When the specimen or run identifiers are explicitly needed, they
they should be requested as explicitly named columns (e.g. specimen,
run) in the samplesheet, rather than being inferred from the sample
value, cf the readmapping pipeline.
When such identifiers are optional, or to avoid introducing a breaking
change in a pipeline, the string before the / may be used as the
specimen identifier, cf the variantcalling
pipeline.
Parameter names
Here are the most common parameters shared across pipelines.
--input: samplesheet in CSV format--fasta: genome assembly in FASTA format, possibly compressed--outdir: output directory, created by Nextflow if missing--align_reads: (boolean) tell the pipeline to align the reads--assembly_accession: accession number of the assembly (GCA_*)--*_db: path to a local database directory or file, e.g.--busco_db,--blastn_db.--use_work_dir_as_temp: selection of the temporary directory, see below.--merge_output: a non-empty string tells the pipeline to merge the input files per specimen, and use that string as the name.

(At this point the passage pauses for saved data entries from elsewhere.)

-- ===== src/Command/Repeats.antt =====
-- A command after another (internal/data/postgres/command_usecase.go).
use ani_inference_service.Command.Results.{refused, replayed, accepted}
use ani_inference_service.Command.Outcome.{Replayed, Accepted}
use ani_inference_service.Command.Model.{command_response_from_row}
use ani_inference_service.Operation.Store.{OperationRow}
use ani_inference_service.Command.Database.{Database, IdempotencyRow, is_request, is_operation}
use ani_inference_service.Command.Accept.{
  accept_once, checked, command, replay, settled, is_same_request, idempotency_row, operation_row,
}
use ani_inference_service.Command.Results.{Passes, Outcome, command-Outcome}
use ani_inference_service.Command.Model.{
  Environment, CommandInput, Draw, CommandError, OperationResponse, method_of,
  command_response_from_row,
}
use ani_inference_service.Prelude.{
  String, false, Result, ◌∙◌, ap, str_eq, if◌then◌else◌, some, true, ◌≡◌, ok, ok-injective, subst,
  refl, eq_refl, none, sym, ◌+◌, find_row,
}

module _ (env : Environment) (i : CommandInput) (tenant service : String)
    (passes : Passes env i tenant service) where
  -- Behind the checks, which do not read the database.
  checked-passes :
      (draw : Draw) (d : Database) → checked env draw i d ≡ accept_once env draw tenant service i d
  unfolding checked
  checked-passes draw d =
      rw (passes.tenant_parsed, passes.service_parsed, passes.aimed, passes.known)

  pub command-passes :
      (draw : Draw) (d : Database) (r : Result CommandError (OperationResponse × Database))
      → i.managed ≡ false
      → accept_once env draw tenant service i d ≡ r
      → command env draw i d ≡ settled env draw i d r
  unfolding command
  command-passes draw d r unattached e =
      ap
        (λ b.
          settled env draw i d (if b then env.accept_managed_delete i d else checked env draw i d))
        unattached
      ∙ ap (settled env draw i d) (checked-passes draw d ∙ e)

  -- A stored request is answered from what is stored.
  replays :
      (draw : Draw) (d : Database) (row : IdempotencyRow) (op : OperationRow)
      → str_eq i.request_id "" ≡ false
      → find_row (is_request tenant (method_of i.kind) i.request_id) d.idempotency ≡ some row
      → find_row (is_operation tenant row.operation_id) d.operations ≡ some op
      → is_same_request env draw tenant service i row op ≡ true
      → accept_once env draw tenant service i d ≡ ok (command_response_from_row op, d)
  unfolding accept_once replay
  replays draw d row op named stored known same = rw (named, stored, known, same)

  -- What answers a repeated request.
  pub record Repeats (draw : Draw) (answer : OperationResponse) (d : Database) : Type 0 where
    pub operation : OperationRow
    pub same_operation : operation.id ≡ answer.operation_id
    pub same_target : operation.target_generation ≡ answer.target_generation
    pub repeated : command env draw i d ≡ (ok (command_response_from_row operation), d)

  Replayed-Repeats :
      (draw draw' : Draw) (answer : OperationResponse) (d : Database)
      → i.managed ≡ false
      → str_eq i.request_id "" ≡ false
      → Replayed env draw tenant service i d answer
      → Repeats draw' answer d
  unfolding is_same_request
  Replayed-Repeats draw draw' answer d unattached named r = record {
    operation = r.operation;
    same_operation = ap (λ x. x.operation_id) (sym r.answered);
    same_target = ap (λ x. x.target_generation) (sym r.answered);
    repeated =
        command-passes draw' d _ unattached
          (replays draw' d r.row r.operation named r.stored r.known r.same);
  }

  Accepted-Repeats :
      (draw draw' : Draw) (answer : OperationResponse) (d d' : Database)
      → i.managed ≡ false
      → str_eq i.request_id "" ≡ false
      → find_row (is_request tenant (method_of i.kind) i.request_id) d.idempotency ≡ none
      → Accepted env draw tenant service i d answer d'
      → Repeats draw' answer d'
  unfolding is_same_request
  Accepted-Repeats draw draw' answer d d' unattached named fresh a =
      let row = idempotency_row env draw tenant service i in
      let op = operation_row env draw tenant service i (a.current.desired_generation + 1) in
      record {
        operation = op;
        same_operation = ap (λ x. x.operation_id) (sym a.started.answered);
        same_target = ap (λ x. x.target_generation) (sym a.started.answered);
        repeated = command-passes draw' d' _ unattached (
            replays draw' d' row op named (a.started.remembered named fresh) a.started.begun
              (rw (eq_refl i.request_hash)));
      }

module _ (env : Environment) (i : CommandInput) where
  -- The tenant and service of a command.
  pub data AnswersAgain (draw : Draw) (answer : OperationResponse) (d : Database) : Type 0 where
    by_stored :
        (tenant service : String) (passes : Passes env i tenant service)
        → Repeats env i tenant service passes draw answer d
        → AnswersAgain draw answer d

  answers_again :
      (draw draw' : Draw) (d : Database) (r : Result CommandError OperationResponse) (d' : Database)
      (answer : OperationResponse)
      → i.managed ≡ false
      → str_eq i.request_id "" ≡ false
      → Outcome env draw i d r d'
      → r ≡ ok answer
      → AnswersAgain draw' answer d'
  answers_again draw draw' d r d' answer unattached named (refused e) same = cc
  answers_again draw draw' d r d' answer unattached named
        (replayed tenant service passes n known tells) same =
      by_stored tenant service passes (
        subst (λ x. Repeats env i tenant service passes draw' x d) (ok-injective same)
          (Replayed-Repeats env i tenant service passes draw draw' _ d unattached named known))
  answers_again draw draw' d r d' answer unattached named
        (accepted tenant service passes first fresh a promise) same =
      by_stored tenant service passes (
        subst (λ x. Repeats env i tenant service passes draw' x d') (ok-injective same)
          (Accepted-Repeats env i tenant service passes draw draw' _ d d' unattached named
            (fresh named) a))

  -- A command without a managed attachment and with a request key that succeeded is answered again from what it left, whatever identifiers and
  -- time are drawn: with an operation of the same identifier and generation, and without a change.
  pub command-AnswersAgain :
      (draw draw' : Draw) (d : Database) (answer : OperationResponse) (d' : Database)
      → i.managed ≡ false
      → str_eq i.request_id "" ≡ false
      → command env draw i d ≡ (ok answer, d')
      → AnswersAgain draw' answer d'
  command-AnswersAgain draw draw' d answer d' unattached named done =
      answers_again draw draw' d (ok answer) d' answer unattached named
        (subst (λ x. Outcome env draw i d x.0 x.1) done (command-Outcome env draw i d unattached))
        refl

Note: we are still updating the pipelines to be fully consistent.
Execution control
Software that can choose where temporary files are stored should have
this controlled by a pipeline parameter called --use_work_dir_as_temp.
When set to true, software should be configured to use the task
directory instead. When set to false, software should use the host's
temporary space.
By extension, this --use_work_dir_as_temp parameter can be used to
control task's scratch directive.
Pipelines should define CPU, memory, and runtime requirements tailored
to each software and inputs. We want to avoid nf-core's generic labels
because they are often a poor fit and lead to excessive resource
wastage.
To signify this, pipelines may remove all withLabel: that come with
the nf-core template.
Outputs
Most of the conventions are already defined in the output convention as they form a contract with downstream consumers.
However, pipelines don't have to explicitly request all possible identifiers
(${assembly}, ${run}, etc) just for the sake of naming the outputs
correctly. Pipelines should use the "baseName" of the input files
whenever possible and assume that Genome After-Party production
inputs will be named in such a way that the naming convention
is fulfilled all the way through.
For instance, the variantcalling pipeline
takes aligned reads in BAM/CRAM and simply changes the extension to
.deepvariant.vcf.gz.
The naming convention applies because in production, it is run on
readmapping outputs that themselves comply.
Pipelines should have a MultiQC report for the whole run.
Only the HTML file needs to be published, directly in the results
directory, and it should be named multiqc_report.html.
Lastly, when a pipeline merges data files, it shall name the
merged dataset merged_${#} and list the identifiers of the merged
data files in a file named SOURCE.txt.
This file lists the source runs (${accession}), one per line.
Testing
All pipelines must define both a test and test_full profile as per
the testing conventions.
The test profile shall be used in the default.nf.test test.
It must also work as is, without any additional parameters
or prior environment setup from anywhere, e.g.
nextflow run . -profile singularity,test --outdir results
The test profile should run under 15 minutes, ideally less than
5 minutes.
The test_full must also work as is, without any additional parameters,
but may require the Sanger farm environment, e.g. for database or
input paths:
nextflow run . -profile singularity,test_full --outdir results_full
The test_full pipeline may take up to a day to complete. It is
meant to represent a real, small, species.
test_full is automatically run on dev.
Finally, all pipelines should have a Release Sentinel dataset defined
– more information on Confluence.
Release Sentinel datasets are much more expensive than test_full.
With often a dozen species defined, including some large ones, a
Release Sentinel dataset may take up to a week to complete.
It is therefore run less frequently, usually only before releases
when there is a certain risk of performance or quality regression.